FMラジオを聞くことが大人に思えたのはいつのことだっただろう。
限りなく近いローカルエリアで放送されているはずなのに何故か遠く感じたローカル。
世の中にはすごく近くにいるのに自分が知っている世界よりもかっこいい世界で生きている人達がいると思った。聞いたこともないカッコイイ曲をさらっとおすすめしたり、リスナーからのちょっとした悩み事にも懇切丁寧に答える彼らの声。どうやったらあんな声を持てるようになるのだろうかと不思議に思ったりした。
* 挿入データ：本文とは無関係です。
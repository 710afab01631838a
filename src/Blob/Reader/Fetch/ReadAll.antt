-- ===== src/Blob/Reader/Fetch/ReadAll.antt =====
-- BlobReader::ReadAll as a whole.
use gemma_cpp.Base.{
  get_elem?-inside, get_elem?-some, ℕ, ◌+◌, ◌^◌, ◌<◌, ◌≡◌, ◌⊎◌, inl, inr, refl, Bool, false, ok,
  List, ◌∙◌, ap, subst, get_elem?, some, length, Bool-cases, if◌then◌else◌,
}
use gemma_cpp.Base.Block.{Block}
use gemma_cpp.Blob.{Buffer, BlobIo}
use gemma_cpp.Blob.Io.{Calls, Preads, Progresses, Memory}
use gemma_cpp.Blob.Writer.{Runs}
use gemma_cpp.Blob.Reader.{BlobReader, read_tasks, read_all}
use gemma_cpp.Blob.Reader.Fetch.{AllFetch, AllFetch-get, Outside}
use gemma_cpp.Blob.Reader.Fetch.Tasks.{Ended, read_tasks-Ended}

-- The memory after a run of all requests: the bytes of the file where a request wants them, and the
-- old bytes elsewhere.
pub record Filled (file : Block) (requests : List BlobIo) (memory memory' : Memory) : Type 0 where
  pub fetched :
      (i k : ℕ) (r : BlobIo)
      → get_elem? requests i ≡ some r
      → k < r.size
      → memory' r.ptr.buffer (r.ptr.at + k) ≡ file.byte (r.offset + k)
  pub untouched :
      (b : Buffer) (q : ℕ)
      → ((i : ℕ) (r : BlobIo) → get_elem? requests i ≡ some r → Outside r b q)
      → memory' b q ≡ memory b q

module _ (calls : ℕ → Calls) (file : Block) (reads : (i : ℕ) → Preads (calls i) file.size)
    (fits : file.size < 2 ^ 64) (wanted : Memory) (reader : BlobReader)
    (fetch : AllFetch file wanted reader.requests) (order : List ℕ)
    (runs : Runs (length reader.requests) order) (memory : Memory) where
  tasks_run :
      (err : Bool) × (memory' : Memory) × Ended calls file reads fits wanted reader.requests fetch
        order false err memory memory'
  tasks_run =
      read_tasks-Ended calls file reads fits wanted reader.requests fetch order false memory
        (λ i m. get_elem?-inside reader.requests i (runs.0 i m))

  Ended-Filled :
      (memory' : Memory)
      → Ended calls file reads fits wanted reader.requests fetch order false false memory memory'
      → Filled file reader.requests memory memory'
  Ended-Filled memory' t = record {
    fetched = λ i k r e l.
        t.fetched refl i k r (runs.1 i (get_elem?-some reader.requests i r e)) e l
        ∙ (AllFetch-get file wanted reader.requests i r fetch e).bytes k l;
    untouched = t.untouched;
  }

  read_all_run :
      (err : Bool) (memory' : Memory)
      → read_tasks calls file reader.requests order false memory ≡ ok (err, memory')
      → read_all calls file order reader memory ≡ ok (if err then 320 else 0, memory')
  unfolding read_all
  read_all_run err memory' t = rw t

  -- ReadAll stops at no assertion, whatever the order of the tasks and however much a call of pread
  -- transfers. It returns 0 or 320; if it returns 0, every request has its bytes of the file in
  -- memory and nothing else is changed. The requests lie in the file, no two of them
  -- want different bytes at one place, each has its task, and a pread transfers no more than there is.
  pub read_all-Filled :
      (memory' : Memory) × ((read_all calls file order reader memory ≡ ok (320, memory'))
        ⊎ ((read_all calls file order reader memory ≡ ok (0, memory'))
            × Filled file reader.requests memory memory'))
  read_all-Filled =
      let (err, memory', t) = tasks_run in
      let run = read_all_run err memory' t.run in
      elim (Bool-cases err) [
        | inl failing ↦ (memory', inl (run ∙ ap (λ e. ok (if e then 320 else 0, memory')) failing))
        | inr fine ↦ (
          memory',
          inr (
            run ∙ ap (λ e. ok (if e then 320 else 0, memory')) fine,
            Ended-Filled memory' (
                subst
                  (λ e.
                    Ended calls file reads fits wanted reader.requests fetch order false e memory
                      memory')
                  fine t),
          ),
        )
      ]

  -- If the calls of pread also make progress, ReadAll returns 0 with that memory.
  pub read_all_complete :
      ((i : ℕ) → Progresses (calls i) file.size)
      → (memory' : Memory) × (read_all calls file order reader memory ≡ ok (0, memory'))
        × Filled file reader.requests memory memory'
  read_all_complete go =
      let (err, memory', t) = tasks_run in
      let fine : err ≡ false = t.complete go in
      (
        memory',
        read_all_run err memory' t.run ∙ ap (λ e. ok (if e then 320 else 0, memory')) fine,
        Ended-Filled memory' (
            subst
              (λ e.
                Ended calls file reads fits wanted reader.requests fetch order false e memory
                  memory')
              fine t),
      )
FMラジオのDJの人はなんだかAMラジオから流れるもっと有名な人達よりも毎日を楽しく過ごしているように感じる。きっと変に無理をしないで楽しいことを見つけようとしている感じが伝わってくるからかもしれない。楽しいことは場所に依るんじゃなくて、きっとどこにでも転がっている。DJの人だって辛いことや大変なこともあるだろうに、そんな事を感じさせるFMラジオを今まで聞いたことがない。
自分も何かチョットだけいつもと違うことをやってみたらもうちょっとカッコイイ生き方が出来るんじゃないか。そんな手を伸ばせば届くリアルを感じさせてくれるのがFMラジオの良さのような気がする。

たまに思い出すのは深夜に車を走らせると目に入るFMラジオ放送局。
今夜も誰かがあそこから電波の届く範囲のリスナーのためだけに声を発している。
そんな事を考えてCDプレーヤーも付いていないラジオのスイッチを入れると、やっぱりとびきりのリアルな声が聞こえてきた。